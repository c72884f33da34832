-- ===== src/Webhook/BitbucketCloud/Payload.antt =====
-- The payload of a Bitbucket Cloud webhook (vcsutils/webhookparser/bitbucketcloud.go). The nested
-- anonymous structs of the source are flattened into fields of the struct around them.
use froggit_go.Base.{String, ℤ, List}
use froggit_go.Webhook.Http.{Time}

pub record Commit : Type 0 where
  pub date : Time
  pub hash : String
  pub message : String
  pub author_raw : String
  pub author_nickname : String
  pub html_ref : String
  pub parents : List String

pub record ResourceChange : Type 0 where
  pub name : String
  pub target : Commit
  pub type : String
  pub message : String

pub record Change : Type 0 where
  pub new : ResourceChange
  pub old : ResourceChange

pub record PrRepository : Type 0 where
  pub full_name : String
  pub branch_name : String
  pub commit_hash : String

pub record PullRequest : Type 0 where
  pub id : ℤ
  pub source : PrRepository
  pub destination : PrRepository
  pub updated_on : Time
  pub title : String
  pub author_nickname : String
  pub author_display_name : String
  pub author_avatar : String
  pub html_href : String

pub record Hook : Type 0 where
  pub changes : List Change
  pub pull_request : PullRequest
  pub full_name : String
  pub actor_nickname : String
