-- ===== src/Webhook/BitbucketCloud.antt =====
-- Bitbucket Cloud webhooks (vcsutils/webhookparser/bitbucketcloud.go).
mod Payload
pub mod Shapes
pub mod Auth
pub use Payload.{Commit, ResourceChange, Change, PrRepository, PullRequest, Hook}
use froggit_go.Base.{
  ℕ, String, ◌<>◌, true, ◌||◌, not, Option, none, some, List, [], ◌∷◌, Result, ok, err, panic,
  errorf, ◌>>=◌, if◌then◌else◌, ◌==◌,
}
use froggit_go.Base.Text.{split_parts}
use froggit_go.Vcs.{
  WebhookEvent, pr_rejected, pr_edited, pr_merged, pr_opened, push, tag_pushed, tag_removed,
}
use froggit_go.Webhook.Info.{
  RepoDetails, BranchStatus, WebhookInfo, no_user, no_commit, no_tag, no_pull_request, no_info,
}
use froggit_go.Webhook.Info
use froggit_go.Webhook.Http.{Request, Time, header_get, query_values, read_body}
use froggit_go.Webhook.Parser.{Parser}

-- `keys[0]` is read whenever a token is expected, also when the query has no `token`.
check_keys : List String → String → Result String → Result String
check_keys [] token body =
    if not (token == "") then panic "index out of range [0] with length 0" else body
check_keys (key ∷ _) token body = if not (key == token) then err (errorf "token mismatch") else body

unfoldable pub validate_payload : Request → String → Result String
unfolding check_keys query_values read_body
validate_payload request token =
    check_keys (query_values request.query "token") token (read_body request)

unfoldable pub parse_repo_full_name : String → Result RepoDetails
unfolding split_parts
parse_repo_full_name full_name =
    let p = split_parts "/" full_name in
    elim p.others [
      | [] ↦ panic "index out of range [1] with length 1"
      | name ∷ _ ↦ ok (record { name = name; owner = p.first })
    ]

-- `compareURL`; the link names the new commit first.
unfoldable pub compare_url : Hook → Commit → String → String
compare_url hook last before =
    if last.hash == "" || before == ""
    then ""
    else "https://bitbucket.org/"
      <> (hook.full_name <> ("/branches/compare/" <> (last.hash <> (".." <> (before <> "#diff")))))

unfoldable pub branch_name : Change → String
branch_name c = if c.new.name == "" then c.old.name else c.new.name

unfoldable pub branch_status : Change → BranchStatus
unfolding Info.branch_status
branch_status c = Info.branch_status (not (c.old.name == "")) (not (c.new.name == ""))

unfoldable pub parent_of_last_commit : Commit → String
parent_of_last_commit c = elim c.parents [ [] ↦ "" | hash ∷ _ ↦ hash ]

login : Hook → Commit → String
login hook last =
    if not (last.author_nickname == "") then last.author_nickname else hook.actor_nickname

unfoldable pub parse_tag_event : Hook → Change → Result WebhookInfo
unfolding parse_repo_full_name
parse_tag_event hook change =
    if not (change.new.name == "")
    then (do
      repo ← parse_repo_full_name hook.full_name
      ok (record no_info {
        event = tag_pushed;
        tag = some (record no_tag {
          name = change.new.name;
          target_hash = change.new.target.hash;
          message = change.new.message;
          repository = repo;
        });
      }))
    else (do
      repo ← parse_repo_full_name hook.full_name
      ok (record no_info {
        event = tag_removed;
        tag = some (record no_tag {
          name = change.old.name;
          target_hash = change.old.target.hash;
          message = change.old.message;
          repository = repo;
        });
      }))

unfoldable pub parse_pr_events : Hook → WebhookEvent → Result (Option WebhookInfo)
unfolding parse_repo_full_name
parse_pr_events hook event = do
  let p = hook.pull_request
  target ← parse_repo_full_name p.destination.full_name
  source ← parse_repo_full_name p.source.full_name
  ok (
      some (record no_info {
        pull_request_id = p.id;
        target_repository_details = target;
        target_branch = p.destination.branch_name;
        source_repository_details = source;
        source_branch = p.source.branch_name;
        timestamp = p.updated_on.unix;
        event = event;
        pull_request = some (record no_pull_request {
          id = p.id;
          title = p.title;
          compare_url = p.html_href;
          timestamp = p.updated_on.unix;
          author = record no_user {
            login = p.author_nickname;
            display_name = p.author_display_name;
            avatar_url = p.author_avatar;
          };
          triggered_by = record no_user { login = hook.actor_nickname };
          skip_decryption = true;
          target_repository = target;
          target_branch = p.destination.branch_name;
          target_hash = p.destination.commit_hash;
          source_repository = source;
          source_branch = p.source.branch_name;
          source_hash = p.source.commit_hash;
        });
      }))

-- `parse_address` is `mail.ParseAddress`: the address of a text in RFC 5322 format, and `none` if
-- it gives an error or nil.
module _ (parse_address : String → Option String) where
  unfoldable pub email : Commit → String
  email last = elim (parse_address last.author_raw) [
    | none ↦ last.author_raw
    | some address ↦ address
  ]

  unfoldable pub parse_branch_change_event : Hook → Change → Result WebhookInfo
  unfolding parse_repo_full_name branch_name branch_status parent_of_last_commit login compare_url
      email
  parse_branch_change_event hook change = do
    let last = change.new.target
    let before = parent_of_last_commit last
    repo ← parse_repo_full_name hook.full_name
    ok (record no_info {
      target_repository_details = repo;
      target_branch = branch_name change;
      timestamp = last.date.unix;
      event = push;
      commit = record { hash = last.hash; message = last.message; url = last.html_ref };
      before_commit = record no_commit { hash = before };
      branch_status = branch_status change;
      triggered_by = record no_user { login = hook.actor_nickname };
      committer = record no_user { login = login hook last };
      author = record no_user { login = login hook last; email = email last };
      compare_url = compare_url hook last before;
    })

  -- The loop over the changes: the first one that touches a branch or a tag decides.
  push_loop : Hook → List Change → Result (Option WebhookInfo)
  unfolding parse_branch_change_event parse_tag_event
  push_loop hook [] = ok none
  push_loop hook (c ∷ rest) =
      let others = push_loop hook rest in
      if c.new.type == "branch" || c.old.type == "branch"
      then (do info ← parse_branch_change_event hook c; ok (some info))
      else if c.new.type == "tag" || c.old.type == "tag"
      then (do info ← parse_tag_event hook c; ok (some info))
      else others

  unfoldable pub parse_push_event : Hook → Result (Option WebhookInfo)
  unfolding push_loop
  parse_push_event hook = push_loop hook hook.changes

  -- The `switch` on the event header.
  unfoldable pub dispatch : String → Hook → Result (Option WebhookInfo)
  unfolding parse_push_event parse_pr_events
  dispatch event hook =
      if event == "repo:push"
      then parse_push_event hook
      else if event == "pullrequest:created"
      then parse_pr_events hook pr_opened
      else if event == "pullrequest:updated"
      then parse_pr_events hook pr_edited
      else if event == "pullrequest:fulfilled"
      then parse_pr_events hook pr_merged
      else if event == "pullrequest:rejected"
      then parse_pr_events hook pr_rejected
      else ok none

-- `unmarshal` is `json.Unmarshal` at the type of the payload.
module _ (parse_address : String → Option String) (unmarshal : String → Result Hook) where
  unfoldable pub parse_incoming_webhook : Request → String → Result (Option WebhookInfo)
  unfolding dispatch header_get
  parse_incoming_webhook request payload = do
    hook ← unmarshal payload
    dispatch parse_address (header_get request.headers "X-Event-Key") hook

  unfoldable pub new_parser : Parser
  unfolding validate_payload parse_incoming_webhook
  new_parser = record {
    validate_payload = validate_payload;
    parse_incoming_webhook = parse_incoming_webhook;
  }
* * * * * * *
- WORK ITEM
Out of the data above, give again only the lines starting at the one holding "parse_pr_events hook event = do" and ending at the one holding "login = p.author_nickname;", unchanged.

- EXERCISE ANSWER
parse_pr_events hook event = do
  let p = hook.pull_request
  target ← parse_repo_full_name p.destination.full_name
  source ← parse_repo_full_name p.source.full_name
  ok (
      some (record no_info {
        pull_request_id = p.id;
        target_repository_details = target;
        target_branch = p.destination.branch_name;
        source_repository_details = source;
        source_branch = p.source.branch_name;
        timestamp = p.updated_on.unix;
        event = event;
        pull_request = some (record no_pull_request {
          id = p.id;
          title = p.title;
          compare_url = p.html_href;
          timestamp = p.updated_on.unix;
          author = record no_user {
            login = p.author_nickname;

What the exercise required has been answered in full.